Après la fin de la campagne de Hongrie, deux jeunes officiers de cavalerie, portant moustache, habit blanc et bottes à l’écuyère, se promenaient bras dessus, bras dessous, dans la ville ennuyeuse de T…

« Comment, s’écria l’un en regardant son camarade, comment ferons-nous cet hiver pour ne pas mourir d’ennui, accoutumés comme nous le sommes au mouvement et aux fortes émotions de la guerre, et à être tirés à coups de canon de notre flegme stoïque et militaire ?
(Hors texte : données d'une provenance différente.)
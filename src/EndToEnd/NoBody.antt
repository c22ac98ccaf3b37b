-- ===== src/EndToEnd/NoBody.antt =====
-- A reply without a body, read by the client.
use boost_asio_book.HttpClient.Request.{
  HttpRequest, pending, async_read_until, status_line_received, completes,
}
use boost_asio_book.Asio.{crlf, Asio, Completion, failed, ok}
use boost_asio_book.Http.{reply_text}
use boost_asio_book.Std.Decimal.{to_string}
use boost_asio_book.Prelude.{
  Bytes, Lacks, ◌≡◌, length, some, ◌++◌, true, ◌∷◌, [], arith, append-nil, false, append_cancel,
  append_assoc, ap, sym, ◌∙◌, length-append, ℕ, ◌<◌, ◌^◌, none, Bool-cases, inl, inr,
}
use boost_asio_book.HttpClient.Request.Exchange.{status_line, on_status_line_received-status_line}
use boost_asio_book.HttpClient.Request

-- The buffer holds the delimiter.
pub record Contains (delim buf : Bytes) : Type 0 where
  pub before : Bytes
  pub behind : Bytes
  pub splits : buf ≡ before ++ (delim ++ behind)

too_short : (buf unread : Bytes) → buf ++ unread ≡ crlf → ¬ Contains (crlf ++ crlf) buf
too_short buf unread e c = absurd (
    omega (
      arith,
      ap length e,
      ap length c.splits,
      length-append buf unread,
      length-append c.before ((crlf ++ crlf) ++ c.behind),
    ))

-- What is left of a text behind its first line, when the rest of it has been read in two parts.
rejoin :
    (head early later unread : Bytes) {read text : Bytes}
    → read ≡ head ++ (crlf ++ early)
    → (read ++ later) ++ unread ≡ text
    → (head ++ crlf) ++ ((early ++ later) ++ unread) ≡ text
rejoin head early later unread e all =
    append_assoc head crlf ((early ++ later) ++ unread)
    ∙ sym (append_assoc head (crlf ++ (early ++ later)) unread)
    ∙ ap (λ x. x ++ unread) (sym (append_assoc head (crlf ++ early) later))
    ∙ ap (λ x. (x ++ later) ++ unread) (sym e)
    ∙ all

no_body_text :
    (code : ℕ) (message : Bytes)
    → reply_text (record { status = to_string code ++ b' ' ∷ message; body = none })
      ≡ (status_line code message ++ crlf) ++ crlf
no_body_text code message = simp (append_assoc, append-nil)

-- A reply without a body, such as the server's 404, is no success for the client. Its status line
-- takes the first "\r\n", so that what is left is "\r\n" alone; where reads keep the promise of
-- `async_read_until`, to succeed only with the delimiter in the buffer, the client that reads the
-- status line and then looks for the end of the headers calls its callback with the read's error.
pub no_body-called :
    (lib : Asio) (r : HttpRequest) (code : ℕ) (message early unread : Bytes)
    (line rest : Completion)
    → r.callback ≡ true
    → r.was_cancelled ≡ false
    → r.response.response_buf ≡ []
    → code < 2 ^ 32
    → Lacks b'\r' message
    → failed line.ec ≡ false
    → line.received ≡ status_line code message ++ (crlf ++ early)
    → (failed rest.ec ≡ false → Contains (crlf ++ crlf) (early ++ rest.received))
    → (line.received ++ rest.received) ++ unread
      ≡ reply_text (record { status = to_string code ++ b' ' ∷ message; body = none })
    → (r' : HttpRequest) × (Request.run lib
          (ok (pending (async_read_until crlf) status_line_received r))
          (completes line ∷ completes rest ∷ [])
        ≡ ok (Request.called r' rest.ec))
      × (failed rest.ec ≡ true)
unfolding Request.run Request.step Request.call Request.on_headers_received Request.on_finish
no_body-called lib r code message early unread line rest cb w b k m e l promise all =
    let q = record (Request.receive r line.received) {
      response = record (r.response) {
        status_code = some code;
        status_message = b' ' ∷ message;
        response_buf = early;
      };
    } in
    let read =
      on_status_line_received-status_line lib (Request.receive r line.received) line.ec code message
        early e w k m (ap (λ x. x ++ line.received) b ∙ l) in
    let whole : (status_line code message ++ crlf) ++ ((early ++ rest.received) ++ unread)
        ≡ (status_line code message ++ crlf) ++ crlf =
      rejoin (status_line code message) early rest.received unread l all
      ∙ no_body_text code message in
    elim (Bool-cases (failed rest.ec)) [
      | inl bad ↦ (Request.receive q rest.received, rw read (ground (arith, bad, cb)), bad)
      | inr fine ↦ absurd (
          too_short (early ++ rest.received) unread
            (append_cancel (status_line code message ++ crlf) whole) (promise fine))
    ]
— J’y ai déjà pensé, répondit l’autre, et je crois avoir trouvé un moyen qui unit l’utile dulci. Tu sais qu’en Italie j’étudiais avec passion le hongrois. Eh bien, avec cette conséquence qui me caractérise, je veux, maintenant que nous sommes en Hongrie, apprendre l’italien.

— L’idée est bonne et ne manque pas d’originalité, reprit le premier. Quant à moi, j’ai aussi un projet, qui est — d’écrire mes réminiscences. Si Salomon, qui avait sept cents femmes, belles comme des reines, et trois cents concubines, a écrit, et non sans succès, le livre de la Sagesse, pourquoi ne réussirais-je pas, moi, à faire une petite brochure amusante et sans prétention ?

Il avait, lui, sept cents femmes et trois cents concubines, ce qui fait, si je ne me trompe, en tout mille empêchements. Moi, pour le moment, je n’en ai aucun : l’avantage est donc tout de mon côté.

Celui de nos deux officiers qui n’était jamais parvenu, en Italie, à apprendre la langue des Magyares, n’apprit guère en Hongrie à traduire le Dante.

Quant à l’autre, tint-il sa résolution ?

Ce livre, lecteur, en est la preuve.